The composition and activity of the intestinal microbiota co-develop with the host from birth, and are influenced by complex interactions with the host genome, nutrition, and lifestyle. Intestinal microbiota is involved in the regulation of multiple host metabolic pathways, mediating interactions between the host and bacterial metabolism, signal transduction, and immune and inflammatory nexus. These nexuses connect the gut, liver, muscle, and brain physiologically. An in-depth understanding of these nexuses is the prerequisite for optimizing therapeutic strategies to manipulate the gut microbiome to fight disease and improve health (Nicholson et al., 2012). Within these metabolic nexuses, multiple bacterial genomes could sequentially regulate metabolic responses, leading to combined metabolism of microbiome and host genomes to substrates (Nicholson & Wilson, 2003). The gut microbiota communicates metabolically with the host in a coordinated manner. After clustering analysis of metabolic pathways in the samples, we found that PWY-5676, GALACT-GLUCUROCAT-PWY, PRPP-PWY and others were consistent metabolic pathways in the infant and mother. Among of them, PWY-5676: acetyl-CoA fermentation to butanoate II pathway regulated the synthesis of butyric acid. Acetic acid, propionic acid, and butyric acid were the main short chain fatty acids (SCFAs) in the intestine. As the main energy source of intestinal cells, SCFAs regulate the absorption of a variety of nutrients in the intestinal tract, and are widely involved in energy metabolism, which are one kind of the most important products of intestinal microorganisms (Kasubuchi et al., 2015). This is also the evidence that the infant’s intestinal metabolic pathway is closer to adults. We speculated this might be due to the large differences in protein composition, lactose, fat, etc., between breast milk and infant formula milk powder. As a result, the structure and function of the microbiota in mixed diet fed infant were different from those in breastfed infants.

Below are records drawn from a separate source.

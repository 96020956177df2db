-- ===== src/Scheduler/Cron/Laws.antt =====
-- The previous slot is the last one before an instant, for schedules whose slots are at least a minute
-- apart (src/cron-internals.ts).
use bfrost.Prelude.{
  ℕ, zero, suc, ◌+◌, ◌*◌, ◌-◌, ◌≤◌, ◌<◌, Bool, true, false, Option, none, some, ◌≡◌, arith, leb,
  Bool-cases, inl, inr,
}
use bfrost.Scheduler.Cron.{
  search_slots, get_previous_cron_match, default_lookback_ms, default_max_iterations,
}

abbrev pub minute : ℕ
minute = 60000

-- A matcher whose next match is the next slot, of slots that are at least a minute apart.
pub record Matches (is_slot : ℕ → Bool) (next_match : ℕ → Option ℕ) : Type 0 where
  pub next : (t : ℕ) → (n : ℕ) × (next_match t ≡ some n) × (t < n) × (is_slot n ≡ true)
  pub nearest : (t n k : ℕ) → next_match t ≡ some n → is_slot k ≡ true → t < k → n ≤ k
  pub spaced : (a b : ℕ) → is_slot a ≡ true → is_slot b ≡ true → a < b → a + minute ≤ b

-- The last slot between two instants, or that there is none.
abbrev pub IsLast : (ℕ → Bool) → ℕ → ℕ → Option ℕ → Type 0
IsLast is_slot from before none = (k : ℕ) → is_slot k ≡ true → from < k → before ≤ k
IsLast is_slot from before (some m) =
    (is_slot m ≡ true)
    × (from < m)
    × (m < before)
    × ((k : ℕ) → is_slot k ≡ true → k < before → k ≤ m)

-- No room is left where the iterations are used up.
no_room : (before cursor : ℕ) → before ≤ cursor + minute * 0 → cursor < before → ⊥
no_room before cursor h b = omega (arith, h, b)

module _ (is_slot : ℕ → Bool) (next_match : ℕ → Option ℕ)
    (matches : Matches is_slot next_match) where
  last_below :
      (cursor n before k : ℕ)
      → next_match cursor ≡ some n
      → leb before n ≡ true
      → is_slot k ≡ true
      → k < before
      → k ≤ cursor
  last_below cursor n before k found e sk kb = elim (Bool-cases (leb k cursor)) [
    | inl low ↦ ground (arith, low)
    | inr high ↦
        let above : cursor < k = ground (arith, high) in
        ground (arith, e, matches.nearest cursor n k found sk above, kb)
  ]

  search-IsLast :
      (iterations before from cursor : ℕ)
      → is_slot cursor ≡ true
      → from < cursor
      → cursor < before
      → before ≤ cursor + minute * iterations
      → IsLast is_slot from before (search_slots next_match iterations before cursor (some cursor))
  unfolding search_slots
  search-IsLast zero before from cursor s f b h = elim (no_room before cursor h b) [ ]
  search-IsLast (suc iterations) before from cursor s f b h =
      let (n, found, above, slot) = matches.next cursor in
      let no_stop : leb n cursor ≡ false = ground (arith, above) in
      let far : cursor + minute ≤ n = matches.spaced cursor n s slot above in
      elim (Bool-cases (leb before n)) [
        | inl e ↦
            rw (search_slots, found, no_stop, e)
              (s, f, b, λ k sk kb. last_below cursor n before k found e sk kb)
        | inr e ↦
            rw (search_slots, found, no_stop, e)
              (search-IsLast iterations before from n slot (omega (arith, f, above))
                (ground (arith, e)) (omega (arith, h, far)))
      ]

  -- From the start of the window, with the iterations of the default for two days.
  pub search_window :
      (before from : ℕ)
      → from < before
      → before ≤ from + default_lookback_ms
      → IsLast is_slot from before (search_slots next_match default_max_iterations before from none)
  unfolding search_slots
  search_window before from f h =
      let (n, found, above, slot) = matches.next from in
      let no_stop : leb n from ≡ false = ground (arith, above) in
      elim (Bool-cases (leb before n)) [
        | inl e ↦
            rw (search_slots, found, no_stop, e)
              (λ k sk fk. ground (arith, e, matches.nearest from n k found sk fk))
        | inr e ↦
            rw (search_slots, found, no_stop, e)
              (search-IsLast 2999 before from n slot above (ground (arith, e))
                (omega (arith, h, above)))
      ]

-- For a matcher whose next match is the next slot, and slots that are at least a minute apart, the
-- search with its defaults finds the last slot of the two days before an instant that is later than
-- these, and null only if there is none.
pub get_previous_cron_match-IsLast :
    (is_slot : ℕ → Bool) (next_match : ℕ → Option ℕ)
    → Matches is_slot next_match
    → (before : ℕ) → default_lookback_ms ≤ before
    → IsLast is_slot
        (before - default_lookback_ms)
        before
        (get_previous_cron_match (some next_match) before none none)
unfolding get_previous_cron_match
get_previous_cron_match-IsLast is_slot next_match matches before h =
    search_window is_slot next_match matches before (before - default_lookback_ms)
      (omega (arith, h)) (omega (arith, h))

In conclusion, we found that the gut microbes were gradually established and perfected with the as the infant grew. Eutocia could promote the colonization of beneficial species in infant’s intestine, bringing the positive effects on the infant’s intestinal microflora. For the mixed diet feeding infant, the structure and function of intestinal microbiota were more similar to adults. Intestinal microbiota affects human development. Effectively using the information about intestinal microbiota could augment the human health. Better understanding about establishing mechanisms of intestinal microbiota in infants, and the prediction of infant’s intestinal microbiota, could provide a theoretical basis and guidance to promote the intestinal health of mothers and infants. However, this study was a scientific phenomenon discovered accidentally in experiment, further large-scale population experiments are needed.